→ Goal of the exercise
Filter the entries, keeping every line with the word "Apdu".
= Beginning of Section =
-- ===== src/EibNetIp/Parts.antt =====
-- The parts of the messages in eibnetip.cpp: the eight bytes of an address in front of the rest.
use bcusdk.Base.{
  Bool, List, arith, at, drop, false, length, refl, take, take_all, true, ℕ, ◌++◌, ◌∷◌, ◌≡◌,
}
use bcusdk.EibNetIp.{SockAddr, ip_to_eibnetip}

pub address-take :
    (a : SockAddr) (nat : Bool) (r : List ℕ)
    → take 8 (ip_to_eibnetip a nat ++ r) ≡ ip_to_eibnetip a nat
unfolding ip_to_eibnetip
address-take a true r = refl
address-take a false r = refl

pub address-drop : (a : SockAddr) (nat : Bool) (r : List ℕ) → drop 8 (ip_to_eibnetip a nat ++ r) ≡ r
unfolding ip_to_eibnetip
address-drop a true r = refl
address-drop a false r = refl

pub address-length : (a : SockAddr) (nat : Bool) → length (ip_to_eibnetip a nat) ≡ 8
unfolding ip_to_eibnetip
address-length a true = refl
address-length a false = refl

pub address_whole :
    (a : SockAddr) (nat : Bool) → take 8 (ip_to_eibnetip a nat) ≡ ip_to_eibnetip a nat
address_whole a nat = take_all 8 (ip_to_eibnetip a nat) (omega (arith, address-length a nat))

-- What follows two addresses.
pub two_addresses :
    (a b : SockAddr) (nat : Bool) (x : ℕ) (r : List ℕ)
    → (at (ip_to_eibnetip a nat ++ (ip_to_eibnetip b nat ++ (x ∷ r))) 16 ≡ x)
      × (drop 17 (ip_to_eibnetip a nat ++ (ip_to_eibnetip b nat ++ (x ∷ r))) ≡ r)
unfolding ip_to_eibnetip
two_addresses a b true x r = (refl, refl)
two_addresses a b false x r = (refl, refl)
= End of Section =
= Beginning of Section =
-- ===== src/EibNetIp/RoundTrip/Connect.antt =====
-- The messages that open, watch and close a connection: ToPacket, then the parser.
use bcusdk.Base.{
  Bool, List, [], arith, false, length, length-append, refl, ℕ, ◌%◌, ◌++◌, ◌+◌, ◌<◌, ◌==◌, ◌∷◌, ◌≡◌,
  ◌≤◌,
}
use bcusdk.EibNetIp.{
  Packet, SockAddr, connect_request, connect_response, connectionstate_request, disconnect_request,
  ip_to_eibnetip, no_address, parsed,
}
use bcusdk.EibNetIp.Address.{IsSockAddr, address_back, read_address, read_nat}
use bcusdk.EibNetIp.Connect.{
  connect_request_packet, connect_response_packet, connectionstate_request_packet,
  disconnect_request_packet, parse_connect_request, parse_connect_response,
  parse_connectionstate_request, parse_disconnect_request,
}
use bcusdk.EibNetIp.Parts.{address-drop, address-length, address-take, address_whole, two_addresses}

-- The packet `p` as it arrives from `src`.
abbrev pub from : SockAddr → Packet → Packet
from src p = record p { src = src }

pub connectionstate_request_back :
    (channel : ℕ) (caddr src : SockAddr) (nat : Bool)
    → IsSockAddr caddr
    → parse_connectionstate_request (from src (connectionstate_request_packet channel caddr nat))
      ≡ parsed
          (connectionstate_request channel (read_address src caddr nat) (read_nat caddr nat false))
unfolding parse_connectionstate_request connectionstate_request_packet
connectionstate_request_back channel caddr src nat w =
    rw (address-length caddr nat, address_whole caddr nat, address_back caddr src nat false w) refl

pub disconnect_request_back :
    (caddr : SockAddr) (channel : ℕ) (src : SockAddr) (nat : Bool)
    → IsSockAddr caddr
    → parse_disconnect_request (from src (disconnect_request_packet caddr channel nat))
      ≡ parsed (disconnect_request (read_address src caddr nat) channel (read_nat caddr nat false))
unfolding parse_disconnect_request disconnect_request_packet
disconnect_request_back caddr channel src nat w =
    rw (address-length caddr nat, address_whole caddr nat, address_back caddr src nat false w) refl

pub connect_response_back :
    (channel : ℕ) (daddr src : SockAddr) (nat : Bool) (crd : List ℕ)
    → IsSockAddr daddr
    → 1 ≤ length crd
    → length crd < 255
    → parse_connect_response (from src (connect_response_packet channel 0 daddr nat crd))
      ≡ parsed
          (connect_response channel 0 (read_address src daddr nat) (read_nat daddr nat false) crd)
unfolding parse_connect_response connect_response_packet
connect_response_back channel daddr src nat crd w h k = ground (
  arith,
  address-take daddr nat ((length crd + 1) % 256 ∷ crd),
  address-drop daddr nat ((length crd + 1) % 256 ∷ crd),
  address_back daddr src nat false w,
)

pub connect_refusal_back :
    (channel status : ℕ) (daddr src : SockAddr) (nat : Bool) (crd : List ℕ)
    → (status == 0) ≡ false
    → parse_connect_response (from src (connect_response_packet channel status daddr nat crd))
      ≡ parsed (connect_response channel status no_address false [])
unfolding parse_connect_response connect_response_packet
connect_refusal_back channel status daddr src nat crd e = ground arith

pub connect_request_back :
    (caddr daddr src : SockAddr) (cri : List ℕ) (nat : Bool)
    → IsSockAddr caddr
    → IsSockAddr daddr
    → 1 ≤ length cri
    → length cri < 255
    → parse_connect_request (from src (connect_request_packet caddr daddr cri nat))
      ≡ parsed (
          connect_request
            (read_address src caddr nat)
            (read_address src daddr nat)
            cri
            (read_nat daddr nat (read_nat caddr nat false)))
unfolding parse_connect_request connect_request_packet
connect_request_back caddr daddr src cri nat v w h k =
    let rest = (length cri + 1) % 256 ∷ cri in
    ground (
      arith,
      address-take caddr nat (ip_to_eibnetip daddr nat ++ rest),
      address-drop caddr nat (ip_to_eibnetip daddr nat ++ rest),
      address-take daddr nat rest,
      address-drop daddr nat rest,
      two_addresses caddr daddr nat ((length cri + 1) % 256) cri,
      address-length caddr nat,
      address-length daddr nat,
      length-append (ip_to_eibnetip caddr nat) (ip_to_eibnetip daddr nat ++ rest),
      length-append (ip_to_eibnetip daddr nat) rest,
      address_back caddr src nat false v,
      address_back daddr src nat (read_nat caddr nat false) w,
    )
= End of Section =
= Beginning of Section =
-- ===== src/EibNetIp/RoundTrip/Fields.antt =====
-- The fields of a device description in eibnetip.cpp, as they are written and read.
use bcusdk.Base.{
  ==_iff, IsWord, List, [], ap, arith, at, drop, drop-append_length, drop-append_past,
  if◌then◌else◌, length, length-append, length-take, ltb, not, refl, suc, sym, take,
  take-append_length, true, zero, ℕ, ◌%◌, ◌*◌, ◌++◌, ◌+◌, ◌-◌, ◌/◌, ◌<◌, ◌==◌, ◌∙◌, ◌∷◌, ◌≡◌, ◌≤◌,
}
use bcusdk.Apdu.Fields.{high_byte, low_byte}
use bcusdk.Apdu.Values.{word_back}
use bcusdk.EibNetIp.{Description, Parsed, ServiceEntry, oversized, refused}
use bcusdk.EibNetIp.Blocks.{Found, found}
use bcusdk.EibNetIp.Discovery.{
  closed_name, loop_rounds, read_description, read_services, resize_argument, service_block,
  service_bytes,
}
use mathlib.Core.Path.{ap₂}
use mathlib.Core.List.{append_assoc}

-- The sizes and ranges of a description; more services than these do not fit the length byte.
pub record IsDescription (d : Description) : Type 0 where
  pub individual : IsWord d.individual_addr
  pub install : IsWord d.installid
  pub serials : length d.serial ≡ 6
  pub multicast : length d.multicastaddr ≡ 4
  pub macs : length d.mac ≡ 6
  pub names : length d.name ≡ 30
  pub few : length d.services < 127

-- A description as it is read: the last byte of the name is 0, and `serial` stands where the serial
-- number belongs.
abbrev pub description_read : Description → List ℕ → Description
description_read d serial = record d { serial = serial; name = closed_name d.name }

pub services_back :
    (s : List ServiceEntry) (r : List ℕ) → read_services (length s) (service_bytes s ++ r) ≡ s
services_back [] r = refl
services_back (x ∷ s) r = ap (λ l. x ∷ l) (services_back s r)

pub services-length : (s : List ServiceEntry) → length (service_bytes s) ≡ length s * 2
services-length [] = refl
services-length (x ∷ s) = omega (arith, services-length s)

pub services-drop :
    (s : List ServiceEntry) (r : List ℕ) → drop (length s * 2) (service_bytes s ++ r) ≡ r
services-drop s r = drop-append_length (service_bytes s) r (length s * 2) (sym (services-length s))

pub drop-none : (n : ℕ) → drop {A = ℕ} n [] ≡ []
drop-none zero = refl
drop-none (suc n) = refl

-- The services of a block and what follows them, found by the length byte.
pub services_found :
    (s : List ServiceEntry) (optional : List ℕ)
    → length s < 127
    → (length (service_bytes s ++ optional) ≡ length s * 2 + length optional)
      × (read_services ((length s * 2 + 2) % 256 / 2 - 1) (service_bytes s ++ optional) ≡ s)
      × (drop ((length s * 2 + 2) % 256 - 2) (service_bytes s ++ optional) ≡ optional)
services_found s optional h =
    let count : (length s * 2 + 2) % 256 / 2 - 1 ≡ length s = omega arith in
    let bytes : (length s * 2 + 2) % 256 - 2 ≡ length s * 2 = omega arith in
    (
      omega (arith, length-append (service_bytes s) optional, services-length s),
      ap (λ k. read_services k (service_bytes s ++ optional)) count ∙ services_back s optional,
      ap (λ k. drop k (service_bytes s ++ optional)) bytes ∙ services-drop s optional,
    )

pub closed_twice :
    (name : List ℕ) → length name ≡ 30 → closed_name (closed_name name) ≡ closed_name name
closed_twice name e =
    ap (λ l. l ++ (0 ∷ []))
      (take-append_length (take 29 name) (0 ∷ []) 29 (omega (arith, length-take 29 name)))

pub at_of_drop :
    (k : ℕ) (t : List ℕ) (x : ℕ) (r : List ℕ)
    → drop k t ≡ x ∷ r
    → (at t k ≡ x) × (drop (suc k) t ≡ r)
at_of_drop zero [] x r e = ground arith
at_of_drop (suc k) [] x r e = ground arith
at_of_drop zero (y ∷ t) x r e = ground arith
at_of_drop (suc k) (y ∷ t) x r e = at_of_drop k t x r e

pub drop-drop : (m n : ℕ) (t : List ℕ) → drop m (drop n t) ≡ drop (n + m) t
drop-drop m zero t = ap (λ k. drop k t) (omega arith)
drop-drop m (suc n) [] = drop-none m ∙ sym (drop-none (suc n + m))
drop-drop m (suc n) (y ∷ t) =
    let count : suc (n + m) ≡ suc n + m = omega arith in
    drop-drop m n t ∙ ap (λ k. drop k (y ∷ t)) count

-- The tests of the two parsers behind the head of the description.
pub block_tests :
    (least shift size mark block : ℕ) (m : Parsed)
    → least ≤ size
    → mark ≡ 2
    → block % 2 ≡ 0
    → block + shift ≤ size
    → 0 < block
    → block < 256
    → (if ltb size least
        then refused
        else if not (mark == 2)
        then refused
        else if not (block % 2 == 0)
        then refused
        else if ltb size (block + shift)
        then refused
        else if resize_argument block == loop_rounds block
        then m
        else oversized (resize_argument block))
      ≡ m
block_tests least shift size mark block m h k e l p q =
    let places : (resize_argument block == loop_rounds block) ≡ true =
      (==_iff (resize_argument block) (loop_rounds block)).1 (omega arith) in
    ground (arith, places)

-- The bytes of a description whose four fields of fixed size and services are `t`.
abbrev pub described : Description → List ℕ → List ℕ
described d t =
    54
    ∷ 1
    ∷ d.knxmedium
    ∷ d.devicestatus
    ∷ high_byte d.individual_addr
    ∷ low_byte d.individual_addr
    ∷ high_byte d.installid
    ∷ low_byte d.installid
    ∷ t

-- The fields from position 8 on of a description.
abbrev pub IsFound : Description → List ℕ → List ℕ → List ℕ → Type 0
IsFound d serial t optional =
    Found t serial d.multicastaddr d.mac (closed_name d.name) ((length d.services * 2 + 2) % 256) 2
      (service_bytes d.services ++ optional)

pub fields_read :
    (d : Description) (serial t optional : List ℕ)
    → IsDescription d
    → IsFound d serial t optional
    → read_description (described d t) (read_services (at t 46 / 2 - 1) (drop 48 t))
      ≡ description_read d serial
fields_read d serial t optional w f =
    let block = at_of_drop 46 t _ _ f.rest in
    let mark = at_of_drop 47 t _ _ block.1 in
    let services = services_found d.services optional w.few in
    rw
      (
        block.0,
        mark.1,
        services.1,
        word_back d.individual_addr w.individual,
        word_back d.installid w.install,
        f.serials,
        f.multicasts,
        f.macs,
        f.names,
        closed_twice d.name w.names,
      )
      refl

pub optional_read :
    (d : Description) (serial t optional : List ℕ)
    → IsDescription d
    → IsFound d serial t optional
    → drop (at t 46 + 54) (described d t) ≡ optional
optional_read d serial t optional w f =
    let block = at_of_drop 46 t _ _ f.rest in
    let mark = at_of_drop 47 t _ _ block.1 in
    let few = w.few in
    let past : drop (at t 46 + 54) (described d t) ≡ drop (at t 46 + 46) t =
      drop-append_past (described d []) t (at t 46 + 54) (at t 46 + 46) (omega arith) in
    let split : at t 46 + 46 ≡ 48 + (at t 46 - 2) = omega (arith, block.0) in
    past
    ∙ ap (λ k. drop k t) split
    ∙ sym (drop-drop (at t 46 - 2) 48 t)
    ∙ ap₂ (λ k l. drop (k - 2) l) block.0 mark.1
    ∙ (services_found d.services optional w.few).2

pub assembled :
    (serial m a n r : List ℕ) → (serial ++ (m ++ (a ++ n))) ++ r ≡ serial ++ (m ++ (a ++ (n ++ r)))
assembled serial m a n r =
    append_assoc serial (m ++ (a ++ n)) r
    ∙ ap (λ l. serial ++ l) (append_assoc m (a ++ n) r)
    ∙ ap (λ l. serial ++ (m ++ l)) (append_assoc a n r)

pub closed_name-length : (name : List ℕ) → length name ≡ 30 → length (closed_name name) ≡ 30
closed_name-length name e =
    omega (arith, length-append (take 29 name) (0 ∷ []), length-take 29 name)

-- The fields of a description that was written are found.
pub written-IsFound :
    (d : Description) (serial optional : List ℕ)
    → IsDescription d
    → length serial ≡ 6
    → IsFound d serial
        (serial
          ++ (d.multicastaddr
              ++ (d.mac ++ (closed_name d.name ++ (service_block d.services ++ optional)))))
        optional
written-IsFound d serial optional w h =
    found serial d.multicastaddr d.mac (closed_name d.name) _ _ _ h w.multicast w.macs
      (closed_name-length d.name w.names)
= End of Section =
→ Solution for this task
use bcusdk.Apdu.Fields.{high_byte, low_byte}
use bcusdk.Apdu.Values.{word_back}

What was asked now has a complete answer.